-- ===== src/CheckOrder/Alone/Answers.antt =====
-- The built-in checks of a new guard do not disturb one another.
use kite_mcp_riskguard.Prelude.{
  ◌≡◌, ◌≤◌, refl, sym, ap, ◌∙◌, Option, none, some, List, [], ◌∷◌, arith, ◌&◌, if◌then◌else◌,
  length, Option-cases, Bool-cases, inl, inr,
}
use kite_mcp_riskguard.Prelude.Int.{pos, neg_ℤ, leb_ℤ}
use kite_mcp_riskguard.Env.{Env, Time, int}
use kite_mcp_riskguard.Calendar.{add_duration}
use kite_mcp_riskguard.Model.{allow, reject, OrderCheckRequest, RecentOrder, State, Reading}
use kite_mcp_riskguard.Limits.{get_effective_limits}
use kite_mcp_riskguard.Lifecycle.{prune}
use kite_mcp_riskguard.Trackers.{get_or_create_tracker, maybe_reset_day}
use kite_mcp_riskguard.PerSecond.{check_per_second_rate}
use kite_mcp_riskguard.Checks.Rates.{
  check_rate_limit, check_client_order_id_duplicate, check_duplicate_order, find_duplicate,
  prune_params, duplicate_result, seconds_back,
}
use kite_mcp_riskguard.Checks.Values.{
  check_daily_value, daily_value_result, check_anomaly_multiplier,
}
use kite_mcp_riskguard.Checks.Bands.{check_otr_band}
use kite_mcp_riskguard.Checks.Hours.{check_off_hours}
use kite_mcp_riskguard.Chain.{Eval, result, panicked_locked, Check}
use kite_mcp_riskguard.Builtin.{
  builtin_checks, daily_order_count_check, missing_location, per_second_rate_check,
  rate_limit_check, client_order_id_dup_check, duplicate_order_check, daily_value_check,
  otr_band_check, anomaly_multiplier_check, off_hours_check,
}
use kite_mcp_riskguard.CheckOrder.{Readings}
use kite_mcp_riskguard.CheckOrder.Alone.{AnswersAsIn}
use kite_mcp_riskguard.CheckOrder.Alone.Trackers.{
  core, orders, params, day_value, orders_lem, params_lem,
}
use kite_mcp_riskguard.CheckOrder.Alone.Kept.{
  key, Alike-trans, daily_order_count-AlikeAll, rate_limit-Alike, client_order_id-Alike,
  duplicate_order-Alike, daily_value-rules,
}

module _ (E : Env) (req : OrderCheckRequest E) where
  -- The two states have the same rules.
  abbrev SameRules : State E → State E → Type 0
  SameRules s st = core E (key E req) s ≡ core E (key E req) st

  abbrev Answers : Check E → Reading → State E → State E → Type 0
  Answers c now s st = (c.evaluate req now s).0 ≡ (c.evaluate req now st).0

  module _ (now : Reading) (s st : State E) (rules : SameRules s st) where
    per_second-Answers : Answers (per_second_rate_check E) now s st
    unfolding check_per_second_rate
    per_second-Answers = ap (λ x. ((per_second_rate_check E).evaluate req now x).0) rules

    check_otr_band-same : check_otr_band E req s ≡ check_otr_band E req st
    unfolding check_otr_band
    check_otr_band-same = ap (check_otr_band E req) rules

    otr_band-Answers : Answers (otr_band_check E) now s st
    otr_band-Answers = elim (Option-cases (check_otr_band E req st)) [
      | inl panics ↦ ground (arith, check_otr_band-same)
      | inr (r, e) ↦ ground (arith, check_otr_band-same)
    ]

    anomaly-Answers : Answers (anomaly_multiplier_check E) now s st
    unfolding check_anomaly_multiplier
    anomaly-Answers = ap (λ x. ((anomaly_multiplier_check E).evaluate req now x).0) rules

    off_hours-Answers : Answers (off_hours_check E) now s st
    unfolding check_off_hours get_effective_limits
    off_hours-Answers = ap (λ x. ((off_hours_check E).evaluate req now x).0) rules

    client_order_id-Answers : s.dedup ≡ st.dedup → Answers (client_order_id_dup_check E) now s st
    unfolding check_client_order_id_duplicate
    client_order_id-Answers same = ground (arith, same)

  -- What the rate limit answers on a window of orders.
  rate_result : Reading → State E → List Time → Eval
  rate_result now st os =
      let cap = (get_effective_limits E (key E req) st).max_orders_per_minute in
      let count = pos (length (prune (add_duration now.wall (neg_ℤ (pos 60000000000))) os)) in
      result (
        if leb_ℤ cap count
        then reject "rate_limit"
            (E.sprintf "%d orders in last minute (limit: %d)" (int count ∷ int cap ∷ []))
        else allow)

  rate_limit_lem :
      (now : Reading) (s : State E)
      → ((rate_limit_check E).evaluate req now s).0
        ≡ rate_result now (core E (key E req) s) (orders E (key E req) s)
  unfolding check_rate_limit rate_result get_effective_limits
  rate_limit_lem now s = ap (rate_result now s) (orders_lem E (key E req) now.wall s)

  duplicates_result : Reading → State E → List RecentOrder → Eval
  duplicates_result now st ps =
      let window = (get_effective_limits E (key E req) st).duplicate_window_secs in
      result (
        if leb_ℤ window (pos 0)
        then allow
        else duplicate_result E req now.wall (
            find_duplicate E req (prune_params E (add_duration now.wall (seconds_back window)) ps)))

  duplicate_order_lem :
      (now : Reading) (s : State E)
      → ((duplicate_order_check E).evaluate req now s).0
        ≡ duplicates_result now (core E (key E req) s) (params E (key E req) s)
  unfolding check_duplicate_order duplicates_result get_effective_limits
  duplicate_order_lem now s =
      let window = (get_effective_limits E (key E req) s).duplicate_window_secs in
      elim (Bool-cases (leb_ℤ window (pos 0))) [
        | inl off ↦ ground arith
        | inr on ↦ ground (arith, params_lem E (key E req) now.wall s)
      ]

  value_result : State E → Option E.Money → Eval
  value_result st o =
      if E.is_positive req.price
      then (elim o [
        | none ↦ panicked_locked missing_location
        | some v ↦ result (daily_value_result E (key E req) v req st)
      ])
      else result allow

  daily_value_lem :
      (now : Reading) (s : State E)
      → ((daily_value_check E).evaluate req now s).0
        ≡ value_result (core E (key E req) s) (day_value E (key E req) now.clock now.wall s)
  unfolding check_daily_value value_result daily_value_result get_effective_limits
  daily_value_lem now s =
      elim (Option-cases
        (maybe_reset_day E now.clock (get_or_create_tracker E (key E req) now.wall s))) [
          | inl panics ↦ ground arith
          | inr ((t, did_reset), e) ↦ ground arith
        ]

  module _ (now : Reading) (s st : State E) (rules : SameRules s st) where
    rate_limit-Answers :
        orders E (key E req) s ≡ orders E (key E req) st → Answers (rate_limit_check E) now s st
    rate_limit-Answers same =
        rate_limit_lem now s
        ∙ (λ i. rate_result now (rules i) (same i))
        ∙ sym (rate_limit_lem now st)

    duplicate_order-Answers :
        params E (key E req) s ≡ params E (key E req) st
        → Answers (duplicate_order_check E) now s st
    duplicate_order-Answers same =
        duplicate_order_lem now s
        ∙ (λ i. duplicates_result now (rules i) (same i))
        ∙ sym (duplicate_order_lem now st)

    daily_value-Answers :
        day_value E (key E req) now.clock now.wall s ≡ day_value E (key E req) now.clock now.wall st
        → Answers (daily_value_check E) now s st
    daily_value-Answers same =
        daily_value_lem now s
        ∙ (λ i. value_result (rules i) (same i))
        ∙ sym (daily_value_lem now st)

  otr_band_keeps : (now : Reading) (s : State E) → ((otr_band_check E).evaluate req now s).1 ≡ s
  otr_band_keeps now s = elim (Option-cases (check_otr_band E req s)) [
    | inl panics ↦ ground arith
    | inr (r, e) ↦ ground arith
  ]

  -- Run one after another, the built-in checks answer as each in the state at the start, if the clock
  -- does not go back between the two checks that reset the day.
  pub builtin_checks-AnswersAsIn :
      (at : Readings) (st : State E)
      → (at 6).clock ≤ (at 11).clock
      → AnswersAsIn E req st (builtin_checks E) at st
  builtin_checks-AnswersAsIn at st le =
      let (after_count, dedup₁, params₁, orders₁) = daily_order_count-AlikeAll E req (at 6) st in
      let s₁ = ((daily_order_count_check E).evaluate req (at 6) st).1 in
      let (rate_kept, dedup₂, params₂) = rate_limit-Alike E req (at 6).clock (at 8) s₁ in
      let s₂ = ((rate_limit_check E).evaluate req (at 8) s₁).1 in
      let after_rate = Alike-trans E req after_count rate_kept in
      let (key_kept, params₃) = client_order_id-Alike E req (at 6).clock (at 9) s₂ in
      let s₃ = ((client_order_id_dup_check E).evaluate req (at 9) s₂).1 in
      let after_key = Alike-trans E req after_rate key_kept in
      let s₄ = ((duplicate_order_check E).evaluate req (at 10) s₃).1 in
      let after_duplicates =
        Alike-trans E req after_key (duplicate_order-Alike E req (at 6).clock (at 10) s₃) in
      let s₅ = ((daily_value_check E).evaluate req (at 11) s₄).1 in
      let rules₅ = daily_value-rules E req (at 11) s₄ ∙ after_duplicates.rules in
      let s₆ = ((otr_band_check E).evaluate req (at 12) s₅).1 in
      let rules₆ = ap (core E (key E req)) (otr_band_keeps (at 12) s₅) ∙ rules₅ in
      refl
      & refl
      & refl
      & refl
      & refl
      & refl
      & refl
      & per_second-Answers (at 7) s₁ st after_count.rules
      & rate_limit-Answers (at 8) s₁ st after_count.rules orders₁
      & client_order_id-Answers (at 9) s₂ st after_rate.rules (dedup₂ ∙ dedup₁)
      & duplicate_order-Answers (at 10) s₃ st after_key.rules (params₃ ∙ params₂ ∙ params₁)
      & daily_value-Answers (at 11) s₄ st after_duplicates.rules
          (after_duplicates.value (at 11).clock (at 11).wall le)
      & otr_band-Answers (at 12) s₅ st rules₅
      & anomaly-Answers (at 13) s₆ st rules₆
      & off_hours-Answers (at 14) s₆ st rules₆
      & refl
      & tt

☆ ☆ ☆ ☆ ☆ ☆ ☆

• **AIM OF THE TASK**
In the entries, find every line holding "cases" and copy it.

• **TASK RESULT**
  length, Option-cases, Bool-cases, inl, inr,
    otr_band-Answers = elim (Option-cases (check_otr_band E req st)) [
      elim (Bool-cases (leb_ℤ window (pos 0))) [
      elim (Option-cases
  otr_band_keeps now s = elim (Option-cases (check_otr_band E req s)) [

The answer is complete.